Impact of ice transport from the Arctic on the North Atlantic convection
Previous works have shown that convection in the North Atlantic Ocean is highly sensitive to changes in the freshwater balance. An example of this is the Great Salinity Anomaly in the early 1970s. Häkkinen (1999) showed with an idealized study how freshwater pulses in the East Greenland Current cause a reduction in convection in the Labrador Sea. Koenigk et al. (2006) showed that the freshwater exported through the Fram Strait propagates in the East Greenland Current to the south, reaches Labrador Sea in about 1–2 years, and produces a negative salinity anomaly in the Labrador Sea, that strongly reduces the convection. Ensemble simulations by Mikolajewicz et al. (2005) indicated a risk for a decadal-long shutdown of the Labrador Sea convection after huge Fram Strait ice exports.

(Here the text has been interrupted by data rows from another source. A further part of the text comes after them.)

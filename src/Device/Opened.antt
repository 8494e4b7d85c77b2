-- ===== src/Device/Opened.antt =====
-- What a login leaves, and when the session is known.
use zwrt_datad.Prelude.{
  ◌≡◌, refl, ◌∙◌, ◌||◌, ◌⊎◌, inl, inr, Bool, true, false, Option, none, some, List, [], ◌∷◌, leb,
  length, ℕ, arith, Bool-cases, Option-cases,
}
use zwrt_datad.Prelude.Text.{Bytes}
use zwrt_datad.Json.{Value}
use zwrt_datad.Device.{
  State, Session, VendorCall, LoginError, Vendor, Answer, answered, failed, initial, max_attempts,
  valid_password, recent, id_valid, session_id, accepted_id, locked, salt_of, concluded, tried,
  login, active,
}
use zwrt_datad.Device.Trace.{Event, logged_in, queried, Sample, step, run}
use zwrt_datad.Device.Paced.{Answer-cases}

-- A login that fails keeps the session and what is known of it; one that succeeds has a session of the
-- vendor's with a valid id, which has not expired.
abbrev pub Opens : State → State × List VendorCall × Option LoginError → Type 0
Opens s r =
    (((error : LoginError) × (r.2 ≡ some error))
      × (r.0.session ≡ s.session)
      × (r.0.expired ≡ s.expired))
    ⊎ ((r.2 ≡ none)
        × ((session : Session) × (r.0.session ≡ some session) × (id_valid session.id ≡ true))
        × (r.0.expired ≡ false))

session_id-id_valid : (reply : Value) (id : Bytes) → session_id reply ≡ some id → id_valid id ≡ true
unfolding session_id
session_id-id_valid reply id h = ground arith

accepted_id-id_valid :
    (reply : Answer) (id : Bytes) → accepted_id reply ≡ some id → id_valid id ≡ true
unfolding accepted_id
accepted_id-id_valid (answered value) id h = ground (arith, session_id-id_valid value id)
accepted_id-id_valid (failed error) id h = cc h

concluded-Opens :
    (vendor : Vendor) (s : State) (reply : Answer) → Opens s (concluded vendor s reply)
unfolding concluded
concluded-Opens vendor s reply = elim (Option-cases (accepted_id reply)) [
  | inl e ↦ rw (concluded, e) (inl ((_, refl), refl, refl))
  | inr (id, e) ↦ rw (concluded, e) (inr (refl, (_, refl, accepted_id-id_valid reply id e), refl))
]

tried-Opens :
    (sha : Bytes → Bytes) (vendor : Vendor) (s : State) (password : Bytes)
    → Opens s (tried sha vendor s password)
unfolding tried
tried-Opens sha vendor s password = elim (Answer-cases vendor.info) [
  | inr (error, e) ↦ rw (tried, e) (inl ((_, refl), refl, refl))
  | inl (info, e) ↦ elim (Bool-cases (locked info)) [
    | inl l ↦ rw (tried, e, l) (inl ((_, refl), refl, refl))
    | inr l ↦ elim (Option-cases (salt_of info)) [
      | inl o ↦ rw (tried, e, l, o) (inl ((_, refl), refl, refl))
      | inr (salt, o) ↦ rw (tried, e, l, o) (concluded-Opens vendor s _)
    ]
  ]
]

-- Whatever the vendor answers: a login that fails keeps the session and what is known of it; one that
-- succeeds leaves a session with an id of 8 to 64 letters and digits, which has not expired.
pub login-Opens :
    (sha : Bytes → Bytes) (vendor : Vendor) (now : ℕ) (s : State) (password : Bytes)
    → Opens s (login sha vendor now s password)
unfolding login
login-Opens sha vendor now s password = elim (Bool-cases (valid_password password)) [
  | inr v ↦ rw (login, v) (inl ((_, refl), refl, refl))
  | inl v ↦ elim (Bool-cases (leb max_attempts (length (recent now s.attempts)))) [
    | inl l ↦ rw (login, v, l) (inl ((_, refl), refl, refl))
    | inr l ↦ rw (login, v, l) (tried-Opens sha vendor _ password)
  ]
]

module _ (sha : Bytes → Bytes) where
  -- Whether the call is a login that succeeds.
  unfoldable pub succeeds : ℕ → Event → State → Bool
  succeeds now (logged_in vendor password) s = elim (login sha vendor now s password).2 [
    | none ↦ true
    | some error ↦ false
  ]
  succeeds now (queried listed) s = false

  unfoldable pub has_succeeded : State → List Sample → Bool
  unfolding succeeds
  has_succeeded s [] = false
  has_succeeded s (p ∷ samples) =
      succeeds p.now p.event s || has_succeeded (step sha p.now p.event s) samples

  record IsUntouched (s : State) : Type 0 where
    no_session : s.session ≡ none
    not_expired : s.expired ≡ false

  active-IsUntouched : (listed : Answer) (s : State) → IsUntouched s → active listed s ≡ (s, none)
  unfolding active
  active-IsUntouched listed s u = simp (active, u.not_expired, u.no_session)

  step-IsUntouched :
      (now : ℕ) (e : Event) (s : State)
      → succeeds now e s ≡ false
      → IsUntouched s
      → IsUntouched (step sha now e s)
  unfolding step succeeds
  step-IsUntouched now (queried listed) s f u = rw (step, active-IsUntouched listed s u) u
  step-IsUntouched now (logged_in vendor password) s f u =
      elim (login-Opens sha vendor now s password) [
        | inl ((error, e), k, x) ↦ record {
          no_session = k ∙ u.no_session;
          not_expired = x ∙ u.not_expired;
        }
        | inr (e, o, x) ↦ absurd (cc (rw (succeeds, e) at f))
      ]

  run-IsUntouched :
      (s : State) (samples : List Sample)
      → has_succeeded s samples ≡ false
      → IsUntouched s
      → IsUntouched (run sha s samples)
  unfolding run has_succeeded
  run-IsUntouched s [] f u = u
  run-IsUntouched s (p ∷ samples) f u =
      run-IsUntouched (step sha p.now p.event s) samples (ground (arith, f))
        (step-IsUntouched p.now p.event s (ground (arith, f)) u)

  -- As long as no login has succeeded since the start, whatever the vendor answers, the session is
  -- unknown: neither there nor expired.
  pub active-unknown :
      (samples : List Sample) (listed : Answer)
      → has_succeeded initial samples ≡ false
      → (active listed (run sha initial samples)).1 ≡ none
  active-unknown samples listed f =
      let u =
        run-IsUntouched initial samples f (record { no_session = refl; not_expired = refl }) in
      rw (active-IsUntouched listed (run sha initial samples) u)
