-- ===== src/Frame.antt =====
-- mesh/frame.rs: the frames of the data channel. serde_json is a parameter.
pub mod RoundTrip
pub mod Pong
use zwrt_datad.Prelude.{
  ℕ, ◌+◌, ◌*◌, Bool, true, false, not, ◌||◌, Option, none, some, ◌⊎◌, inl, inr, List, [], ◌∷◌, ◌++◌,
  ltb, ◌==◌, length, take, drop, if◌then◌else◌,
}
use zwrt_datad.Prelude.Text.{Bytes}
use zwrt_datad.Prelude.Words.{be32, from_be32}

-- `to_vec`, `from_slice` and `is_object` of serde_json on its values.
pub record Json : Type 1 where
  pub Value : Type 0
  pub to_vec : Value → Option Bytes
  pub from_slice : Bytes → Option Value
  pub is_object : Value → Bool

abbrev pub max_frame : ℕ
max_frame = 262144

abbrev pub max_header : ℕ
max_header = 32768

pub data Error : Type 0 where
  bad_frame bad_header : Error

module _ (json : Json) where
  unfoldable pub checked_header : Option json.Value → Bytes → Error ⊎ (json.Value × Bytes)
  checked_header none payload = inl bad_header
  checked_header (some header) payload =
      if json.is_object header then inr (header, payload) else inl bad_header

  -- The part of `decode` behind the header's length; `rest` is what follows it.
  unfoldable pub decode_rest : ℕ → Bytes → Error ⊎ (json.Value × Bytes)
  unfolding checked_header
  decode_rest header_len rest =
      if header_len == 0 || ltb max_header header_len || ltb (4 + length rest) (4 + header_len)
      then inl bad_frame
      else checked_header (json.from_slice (take header_len rest)) (drop header_len rest)

  unfoldable pub decode : Bytes → Error ⊎ (json.Value × Bytes)
  unfolding decode_rest
  decode (a ∷ b ∷ c ∷ d ∷ rest) =
      if ltb max_frame (4 + length rest)
      then inl bad_frame
      else decode_rest (from_be32 a b c d) rest
  decode _ = inl bad_frame

  unfoldable pub framed : Bytes → Bytes → Option Bytes
  framed header payload =
      if ltb max_header (length header) || ltb max_frame (4 + length header + length payload)
      then none
      else some (be32 (length header) ++ (header ++ payload))

  unfoldable pub encode : json.Value → Bytes → Option Bytes
  unfolding framed
  encode header payload = elim (json.to_vec header) [
    | none ↦ none
    | some text ↦ framed text payload
  ]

Here, we investigate only the HadGEM simulations since the other simulations are too short for comparing decadal scale variations. In order to analyse the impact of the atmospheric resolution on the convection in the Labrador Sea and its relationship with freshwater export across the Fram Strait, we compared an index of deep convection in the Labrador Sea (Brodeau and Koenigk 2016) with the previous Fram Strait freshwater export. The convection index is based on March mixed layer depth and takes both vertical and horizontal extensions of the convection areas into account. We used 10-year running mean for both time-series to filter out the high frequencies and to focus on the long term relationship between the freshwater transport across the Fram Strait and the convection in Labrador Sea. We find a systematic behaviour showing a resolution dependence of the relationship; the correlations between ice export and convection were for the low resolution r = 0.31, for the intermediate resolution r = 0.52, and for the highest resolution r = 0.57 (Fig. 8) when the ice transport leads the convection with 1 year for all resolutions.
The deep convection is reduced with higher resolution in the HadGEM model (Fig. 9). In general, all three model simulations show higher convection in the Labrador Sea compared to ARGO-mixed layers (Holte et al. 2010) and particularly, the low resolution simulation shows deep convection every year. Thus, the convection is less sensitive to changes in the upper surface density due to freshwater inflow in the low resolution simulation compared to the high resolution simulation. The reason for the lower convection in high resolution is not entirely clear. While the turbulent surface heat fluxes are very similar in all three model setups (not shown) and also liquid and solid freshwater exports through Fram Strait agree well (Figs. 5, 6), the freshwater export through the Davis Strait is slightly larger in the high-resolution simulations (Fig. 5) and could be the reason for slightly increased vertical stratification in the Labrador Sea at high resolution.